The key lies in physical fitness and mental agility. Regular exercise and a disciplined lifestyle are essential. But beyond fitness tests and lab reports, the greatest indicator of health is your own body. It speaks to you through signs like fatigue, strength, joy, etc. Ignoring them is folly. At the same time, overestimating one’s abilities without discretion is risky. Striking a balance is the secret.
As a young man, I was fascinated with flying. In college, I joined the NCC Air Wing. My father was unimpressed. He wanted a successor for his business, not a pilot. The dream of flying remained tucked away, overpowered by obligations. But at sixty, it resurfaced. When I expressed a desire to learn to fly, my wife assumed I was joking. “Good luck finding someone willing to teach an old man to fly,” she laughed. I hadn’t told her that I had done my homework on the rules to fly. There was no age bar for learning to fly if one was medically fit. I joined a flying school in Mysore and flew solo at sixty-two.
At seventy, I learnt scuba diving. At seventy-two, I leapt out of an aircraft from 13,000 feet, harnessed to a professional, of course, experiencing the adrenaline rush of a tandem skydive.
Each of these milestones was not an act of rebellion against age but an affirmation of life. They reminded me that the walls we build around ourselves are often self-imposed. Society may be obsessed with numbers, but the spirit has no age.
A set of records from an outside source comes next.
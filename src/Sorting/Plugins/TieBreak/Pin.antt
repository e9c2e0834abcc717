-- ===== src/Sorting/Plugins/TieBreak/Pin.antt =====
-- src/sorting/plugins.rs: pinning a node in the new load order.
use libloot.Prelude.{
  ℕ, suc, ◌<◌, ◌≡◌, refl, sym, ◌∙◌, subst, ◌⊎◌, inl, inr, true, false, List, [], ◌∷◌, ◌++◌, Option,
  Memᴰ, insert, length, length-append, get_elem?, insert_index, drop, mem_cons, not_mem_nil, arith,
  Bool-cases,
}
use mathlib.Core.List.{reverse, reverse-reverse, append_assoc, append-nil}
use mathlib.Core.List.Memᴰ
use libloot.External.Petgraph.{Petgraph}
use libloot.Sorting.Graph.{Reach}
use libloot.Sorting.Search.Bfs.Walks.{insert_cases}
use libloot.Sorting.Plugins.Data.{SortingPlugin, PluginSortingData}
use libloot.Sorting.Plugins.Graph.{PluginsGraph}
use libloot.Sorting.Plugins.Graph.Paths.{next_of}
use libloot.Sorting.Plugins.Graph.Growth.{Grows, Progress-trans, Progress-of_same}
use libloot.Sorting.Plugins.TieBreak.{
  TieState, last_unreached, add_edge_from, add_edge_to, preceding, insert_position,
  pin_node_position,
}
use libloot.Sorting.Plugins.TieBreak.Chain.{
  IsChain, ReachesHead, IsChain-insert, IsChain-replace_last, IsChain-concat, insert_index-append,
  drop-append,
}
use libloot.Sorting.Plugins.TieBreak.Scan.{Scanned, last_unreached-Scanned}
use libloot.Sorting.Plugins.TieBreak.Put.{Put, Put-node}
use libloot.Sorting.Plugins.TieBreak.Tied.{
  IsTied, Leads, Follows, Advance, Advance-refl, IsChain-Grows, Reach-Grows,
}

ReachesHead-append :
    (next : ℕ → List ℕ) (a : ℕ) (xs : List ℕ) (c : ℕ)
    → ReachesHead next a xs
    → Reach next a c
    → ReachesHead next a (xs ++ c ∷ [])
ReachesHead-append next a [] c h r = r
ReachesHead-append next a (x ∷ xs) c h r = h

mem_insert :
    (front : List ℕ) (a : ℕ) (back : List ℕ) (x : ℕ)
    → Memᴰ x (front ++ a ∷ back)
    → (x ≡ a) ⊎ Memᴰ x (front ++ back)
mem_insert front a back x m = elim (Memᴰ.append_cases front m) [
  | inl f ↦ inr (Memᴰ.append_left back f)
  | inr b ↦ elim ((mem_cons x a back).0 b) [
    | inl e ↦ inl e
    | inr b' ↦ inr (Memᴰ.append_right front b')
  ]
]

mem-insert_old :
    (front : List ℕ) (a : ℕ) (back : List ℕ) (x : ℕ)
    → Memᴰ x (front ++ back)
    → Memᴰ x (front ++ a ∷ back)
mem-insert_old front a back x m = elim (Memᴰ.append_cases front m) [
  | inl f ↦ Memᴰ.append_left (a ∷ back) f
  | inr b ↦ Memᴰ.append_right front (Memᴰ.tail b)
]

module _ {E T : Type 0} (trait : SortingPlugin E T) (P : Petgraph (PluginSortingData T)) where
  abbrev Graph : Type 0
  Graph = PluginsGraph trait P

  abbrev State : Type 0
  State = TieState trait P

  -- What pinning a node comes to: it is processed, what comes after it can be pinned from the new
  -- position on, and what the load order's end led to before, and `node` leads to, it leads to still.
  pub record Pinned (s : State) (node : ℕ) (r : ℕ × State) : Type 0 where
    pub tied : IsTied trait P r.1
    pub advance : Advance trait P s r.1
    pub done : r.1.processed_nodes node ≡ true
    pub pre : List ℕ
    pub post : List ℕ
    pub split : r.1.new_load_order ≡ pre ++ post
    pub at : length pre ≡ r.0
    pub next_lead :
        (m : ℕ) → Follows trait P r.1 node m → IsChain (next_of trait P r.1.graph) (pre ++ m ∷ [])
    pub leads : (c : ℕ) → Follows trait P s node c → Leads trait P s c → Leads trait P r.1 c

  -- The state after a node went between two parts of the load order.
  Put-state :
      (s : State) (node : ℕ) (order : List ℕ) (position : ℕ) (g : Graph)
      → order ≡ s.new_load_order
      → IsTied trait P s
      → node < P.node_count s.graph.inner
      → Put trait P s.graph node order position g
      → Pinned s node (
        suc position,
        record {
          graph = g;
          new_load_order = insert_index position node order;
          processed_nodes = insert node s.processed_nodes;
        },
      )
  Put-state s node order position g same tied hn put =
      rw (← put.at, put.split, insert_index-append put.front node put.back)
        (record {
          tied = record {
            safe = put.joined.progress.safe;
            listed =
                insert_cases (λ x. Memᴰ x (put.front ++ node ∷ put.back)) node s.processed_nodes
                  (Memᴰ.append_right put.front (Memᴰ.head refl))
                  (λ x m.
                    mem-insert_old put.front node put.back x
                      (subst (Memᴰ x) old_order (tied.listed x m)));
            processed = λ x m. elim (mem_insert put.front node put.back x m) [
              | inl e ↦ ground arith
              | inr old ↦ ground (arith, tied.processed x (subst (Memᴰ x) (sym old_order) old))
            ];
            inside = λ x m. elim (mem_insert put.front node put.back x m) [
              | inl e ↦ omega (arith, hn, grows.count)
              | inr old ↦
                  omega (arith, tied.inside x (subst (Memᴰ x) (sym old_order) old), grows.count)
            ];
            chain =
                IsChain-insert (next_of trait P g) put.front node put.back
                  (IsChain-Grows trait P grows (put.front ++ put.back)
                    (subst (IsChain (next_of trait P s.graph)) old_order tied.chain))
                  put.joined.lead put.joined.reaches;
          };
          advance = record { grows = grows; more = λ x m. ground arith };
          done = ground arith;
          pre = put.front ++ node ∷ [];
          post = put.back;
          split = sym (append_assoc put.front (node ∷ []) put.back);
          at = omega (arith, length-append put.front (node ∷ []));
          next_lead = λ m r. IsChain-concat (next_of trait P g) put.front node m put.joined.lead r;
          leads = λ c r l. rw (append_assoc put.front (node ∷ put.back) (c ∷ [])) (
              IsChain-insert (next_of trait P g) put.front node (put.back ++ c ∷ [])
                (subst (IsChain (next_of trait P g)) (append_assoc put.front put.back (c ∷ [])) (
                  IsChain-Grows trait P grows ((put.front ++ put.back) ++ c ∷ []) (
                    subst (λ (o : List ℕ). IsChain (next_of trait P s.graph) (o ++ c ∷ []))
                      old_order l)))
                put.joined.lead
                (ReachesHead-append (next_of trait P g) node put.back c put.joined.reaches
                  (Reach-Grows trait P grows node c r)));
        })
    where
      old_order : s.new_load_order ≡ put.front ++ put.back
      old_order = sym same ∙ put.split

      grows : Grows trait P s.graph g
      grows = put.joined.progress.grows

  -- The search has changed only the cache, so its graph may stand for the state's.
  Put-after :
      (s : State) (node : ℕ) (pre post : List ℕ)
      → IsTied trait P s
      → node < P.node_count s.graph.inner
      → s.processed_nodes node ≡ false
      → IsChain (next_of trait P s.graph) (pre ++ node ∷ [])
      → (r : Option ℕ × Graph) → Scanned trait P s.graph node post r
      → s.new_load_order ≡ pre ++ post
      → Put trait P s.graph node (pre ++ post) (insert_position trait P (length pre) r.0) (
          add_edge_to trait P node
            (get_elem? (pre ++ post) (insert_position trait P (length pre) r.0))
            (add_edge_from trait P (preceding trait P (length pre) r.0 (pre ++ post)) node r.1))
  Put-after s node pre post tied hn fresh lead r scan split =
      let searched = Progress-of_same trait P s.graph r.1 scan.same scan.sound tied.safe in
      let put =
        Put-node trait P r.1 node pre post searched.safe (omega (arith, hn, searched.grows.count))
          (λ y m. omega (arith, tied.inside y (subst (Memᴰ y) (sym split) m), searched.grows.count))
          (λ y m e. ground (arith, tied.processed y (subst (Memᴰ y) (sym split) m)))
          (IsChain-Grows trait P searched.grows (pre ++ post)
            (subst (IsChain (next_of trait P s.graph)) split tied.chain))
          (IsChain-Grows trait P searched.grows (pre ++ node ∷ []) lead) r.0
          (rw scan.same scan.place) in
      record {
        front = put.front;
        back = put.back;
        split = put.split;
        at = put.at;
        joined = record {
          progress = Progress-trans trait P searched put.joined.progress;
          lead = put.joined.lead;
          reaches = put.joined.reaches;
        };
      }

  placed :
      (s : State) (node : ℕ) (pre post : List ℕ)
      → IsTied trait P s
      → node < P.node_count s.graph.inner
      → s.processed_nodes node ≡ false
      → IsChain (next_of trait P s.graph) (pre ++ node ∷ [])
      → (r : Option ℕ × Graph) → Scanned trait P s.graph node post r
      → (start : ℕ) → length pre ≡ start
      → (o : List ℕ) → o ≡ s.new_load_order
      → o ≡ pre ++ post
      → Pinned s node (
        suc (insert_position trait P start r.0),
        record {
          graph =
              add_edge_to trait P node
                (get_elem? o (insert_position trait P start r.0))
                (add_edge_from trait P (preceding trait P start r.0 o) node r.1);
          new_load_order = insert_index (insert_position trait P start r.0) node o;
          processed_nodes = insert node s.processed_nodes;
        },
      )
  placed s node pre post tied hn fresh lead r scan start at o same split =
      rw (← at, split)
        (Put-state s node (pre ++ post) (insert_position trait P (length pre) r.0) _
          (sym split ∙ same) tied hn
          (Put-after s node pre post tied hn fresh lead r scan (sym same ∙ split)))

  pub pin_node_position-Pinned :
      (node range_start : ℕ) (s : State) (pre post : List ℕ)
      → IsTied trait P s
      → node < P.node_count s.graph.inner
      → s.new_load_order ≡ pre ++ post
      → length pre ≡ range_start
      → IsChain (next_of trait P s.graph) (pre ++ node ∷ [])
      → Pinned s node (pin_node_position trait P node range_start s)
  unfolding pin_node_position
  pin_node_position-Pinned node range_start s pre post tied hn split at lead =
      elim (Bool-cases (s.processed_nodes node)) [
        | inl skipped ↦
            rw (skipped, pin_node_position)
              (record {
                tied = tied;
                advance = Advance-refl trait P s;
                done = skipped;
                pre = pre;
                post = post;
                split = split;
                at = at;
                next_lead = λ m r. IsChain-replace_last (next_of trait P s.graph) pre node m lead r;
                leads = λ c r l. l;
              })
        | inr fresh ↦
            rw (fresh, pin_node_position)
              (placed s node pre post tied hn fresh lead
                (last_unreached trait P node (reverse (drop range_start s.new_load_order)) s.graph)
                scanned range_start at s.new_load_order refl split)
      ]
    where
      searched : reverse (reverse (drop range_start s.new_load_order)) ++ [] ≡ post
      searched =
          append-nil (reverse (reverse (drop range_start s.new_load_order)))
          ∙ reverse-reverse (drop range_start s.new_load_order)
          ∙ rw (← at, split) (drop-append pre post)

      scanned :
          Scanned trait P s.graph node post
            (last_unreached trait P node (reverse (drop range_start s.new_load_order)) s.graph)
      scanned =
          subst
            (λ (w : List ℕ).
              Scanned trait P s.graph node w
                (last_unreached trait P node (reverse (drop range_start s.new_load_order)) s.graph))
            searched
            (last_unreached-Scanned trait P node (reverse (drop range_start s.new_load_order)) []
              s.graph tied.safe.sound (λ y m. absurd (not_mem_nil m)))
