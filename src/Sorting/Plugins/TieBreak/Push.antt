-- ===== src/Sorting/Plugins/TieBreak/Push.antt =====
-- src/sorting/plugins.rs: the parts of the loop's body that put nodes into the new load order.
use libloot.Prelude.{
  ℕ, ◌<◌, ◌≡◌, refl, subst, ◌⊎◌, inl, inr, true, false, List, [], ◌∷◌, ◌++◌, Memᴰ, length, mem_cons,
  mem_concat, not_mem_nil, arith, Bool-cases,
}
use mathlib.Core.List.Memᴰ
use libloot.External.Petgraph.{Petgraph}
use libloot.Sorting.Search.Bfs.Walks.{insert_cases}
use libloot.Sorting.Plugins.Data.{SortingPlugin, PluginSortingData}
use libloot.Sorting.Plugins.Graph.Paths.{next_of}
use libloot.Sorting.Plugins.Graph.Growth.{Grows-refl}
use libloot.Sorting.Plugins.TieBreak.{TieState, pin_node_position, pin_nodes, push_unprocessed}
use libloot.Sorting.Plugins.TieBreak.Chain.{IsChain, IsChain-concat, IsChain-tail, Reach-of_mem}
use libloot.Sorting.Plugins.TieBreak.Pin.{Pinned, pin_node_position-Pinned}
use libloot.Sorting.Plugins.TieBreak.Tied.{
  IsTied, Leads, Follows, Advance, Advance-refl, Advance-trans, IsChain-Grows,
}

module _ {E T : Type 0} (trait : SortingPlugin E T) (P : Petgraph (PluginSortingData T)) where
  abbrev State : Type 0
  State = TieState trait P

  abbrev pub In : State → ℕ → Type 0
  In s x = x < P.node_count s.graph.inner

  abbrev ChainOf : State → List ℕ → Type 0
  ChainOf s = IsChain (next_of trait P s.graph)

  -- The node is in the new load order, or can go to its end.
  abbrev pub Ready : State → ℕ → Type 0
  Ready s x = (s.processed_nodes x ≡ true) ⊎ Leads trait P s x

  pub record Pushed (s : State) (current : ℕ) (s' : State) : Type 0 where
    pub tied : IsTied trait P s'
    pub advance : Advance trait P s s'
    pub done : s'.processed_nodes current ≡ true

  -- A node that is not processed goes to the end.
  pub push_fresh-Pushed :
      (current : ℕ) (s : State)
      → IsTied trait P s
      → In s current
      → Leads trait P s current
      → s.processed_nodes current ≡ false
      → Pushed s current (push_unprocessed trait P current s)
  unfolding push_unprocessed
  push_fresh-Pushed current s tied hc lead fresh =
      rw (fresh, push_unprocessed)
        (record {
          tied = record {
            safe = tied.safe;
            listed =
                insert_cases (λ x. Memᴰ x (s.new_load_order ++ current ∷ [])) current
                  s.processed_nodes (Memᴰ.append_right s.new_load_order (Memᴰ.head refl))
                  (λ x m. Memᴰ.append_left (current ∷ []) (tied.listed x m));
            processed =
                λ x m. ground (arith, mem_concat x current s.new_load_order, tied.processed x);
            inside = λ x m. elim ((mem_concat x current s.new_load_order).0 m) [
              | inl old ↦ tied.inside x old
              | inr e ↦ rw e hc
            ];
            chain = lead;
          };
          advance = record { grows = Grows-refl trait P s.graph; more = λ x m. ground arith };
          done = ground arith;
        })

  -- Behind a node that went to the end, there may come what it leads to.
  pub push_fresh-Leads :
      (current next : ℕ) (s : State)
      → Leads trait P s current
      → Follows trait P s current next
      → s.processed_nodes current ≡ false
      → Leads trait P (push_unprocessed trait P current s) next
  unfolding push_unprocessed
  push_fresh-Leads current next s lead r fresh =
      rw (fresh, push_unprocessed)
        (IsChain-concat (next_of trait P s.graph) s.new_load_order current next lead r)

  pub push_unprocessed-Pushed :
      (current : ℕ) (s : State)
      → IsTied trait P s
      → In s current
      → Ready s current
      → Pushed s current (push_unprocessed trait P current s)
  unfolding push_unprocessed
  push_unprocessed-Pushed current s tied hc ready = elim (Bool-cases (s.processed_nodes current)) [
    | inl old ↦
        rw (old, push_unprocessed)
          (record { tied = tied; advance = Advance-refl trait P s; done = old })
    | inr fresh ↦ elim ready [
      | inl done ↦ absurd (cc)
      | inr lead ↦ push_fresh-Pushed current s tied hc lead fresh
    ]
  ]

  pub record PinnedAll (s : State) (nodes : List ℕ) (c : ℕ) (s' : State) : Type 0 where
    pub tied : IsTied trait P s'
    pub advance : Advance trait P s s'
    pub done : (x : ℕ) → Memᴰ x nodes → s'.processed_nodes x ≡ true
    pub leads : Leads trait P s c → Leads trait P s' c

  -- The nodes of a path to `c` are pinned one behind the other.
  pub pin_nodes-PinnedAll :
      (nodes : List ℕ) (c range_start : ℕ) (s : State) (pre post : List ℕ)
      → IsTied trait P s
      → ((x : ℕ) → Memᴰ x nodes → In s x)
      → ChainOf s (nodes ++ c ∷ [])
      → s.new_load_order ≡ pre ++ post
      → length pre ≡ range_start
      → ((x : ℕ) (xs : List ℕ) → nodes ≡ x ∷ xs → ChainOf s (pre ++ x ∷ []))
      → PinnedAll s nodes c (pin_nodes trait P nodes range_start s)
  unfolding pin_nodes
  pin_nodes-PinnedAll [] c range_start s pre post tied inside chain split at lead = record {
    tied = tied;
    advance = Advance-refl trait P s;
    done = λ x m. absurd (not_mem_nil m);
    leads = λ l. l;
  }
  pin_nodes-PinnedAll (node ∷ nodes) c range_start s pre post tied inside chain split at lead =
      go (pin_node_position trait P node range_start s)
        (pin_node_position-Pinned trait P node range_start s pre post tied
          (inside node (Memᴰ.head refl)) split at (lead node nodes refl))
        (pin_nodes-PinnedAll nodes c)
    where
      go :
          (r : ℕ × State)
          → Pinned trait P s node r
          → ((rs : ℕ) (s' : State) (pre' post' : List ℕ)
              → IsTied trait P s'
              → ((x : ℕ) → Memᴰ x nodes → In s' x)
              → ChainOf s' (nodes ++ c ∷ [])
              → s'.new_load_order ≡ pre' ++ post'
              → length pre' ≡ rs
              → ((x : ℕ) (xs : List ℕ) → nodes ≡ x ∷ xs → ChainOf s' (pre' ++ x ∷ []))
              → PinnedAll s' nodes c (pin_nodes trait P nodes rs s'))
          → PinnedAll s (node ∷ nodes) c (pin_nodes trait P nodes r.0 r.1)
      go (rs, s') p rec =
          let grown = IsChain-Grows trait P p.advance.grows (node ∷ nodes ++ c ∷ []) chain in
          let rest =
            rec rs s' p.pre p.post p.tied
              (λ x m. omega (arith, inside x (Memᴰ.tail m), p.advance.grows.count))
              (IsChain-tail (next_of trait P s'.graph) node (nodes ++ c ∷ []) grown) p.split p.at
              (λ x xs e.
                p.next_lead x
                  (subst (λ (l : List ℕ). ChainOf s' (node ∷ l ++ c ∷ [])) e grown).0) in
          record {
            tied = rest.tied;
            advance = Advance-trans trait P p.advance rest.advance;
            done = λ x m. elim ((mem_cons x node nodes).0 m) [
              | inl e ↦ rest.advance.more x (rw e p.done)
              | inr m' ↦ rest.done x m'
            ];
            leads = λ l. rest.leads (
                p.leads c
                  (Reach-of_mem (next_of trait P s.graph) node (nodes ++ c ∷ []) c chain
                    (Memᴰ.append_right nodes (Memᴰ.head refl)))
                  l);
          }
Today, as I look around, I see many like Chenna who continue to work not just out of necessity but out of dignity and resilience. I see retired professionals mentoring young minds, and senior citizens learning new skills, picking up musical instruments, or writing books. I see people living life.
Ageing isn’t always the most fun thing in the world, but it sure can be funny if you approach it with a lighthearted attitude. Joking about getting older—and the assorted health and life problems that come with it—can take some of the sting out of ageing. Plus, science shows laughing is good for your health and well-being.
So, if there’s a dream you've shelved, a passion you've paused, or a plan you've postponed because of your age, take another look. Your body, your will, and your spirit might be more ready than you think. After all, age truly is just a number.
Dear Readers, I hope you liked Ashvin’s concept of ‘Age is a number’. Do write in your comments and your thoughts about age.
To end in a lighter vein:
“Age is an issue of mind over matter. If you don’t mind getting older, then it really doesn’t matter.”
-Mark Twain“You don't stop laughing when you grow old, you grow old when you stop laughing.”
- George Bernard ShawAge is a relative thing. Don’t let your relatives remind you how old you are.
Until next week, take care and be safe. Ciao!
Wonderfully written article by Ashvini sir and a stark reminder to many of us middle aged folks to enjoy life which is a one time opportunity!! Hats off to his bravados post the age of 60 especially learning flying...true determination!! Happy 80th to you sir and here's to many more!! A century beckons!!
Thank you Ashvin... Truly uplifting! The song by Brian Adam's - "18 till I die", is the spirit we must all imbibe. Always look forward and doing / experiencing new things. Old people dwell on the past but the young talk about the future. Keeping fit is key.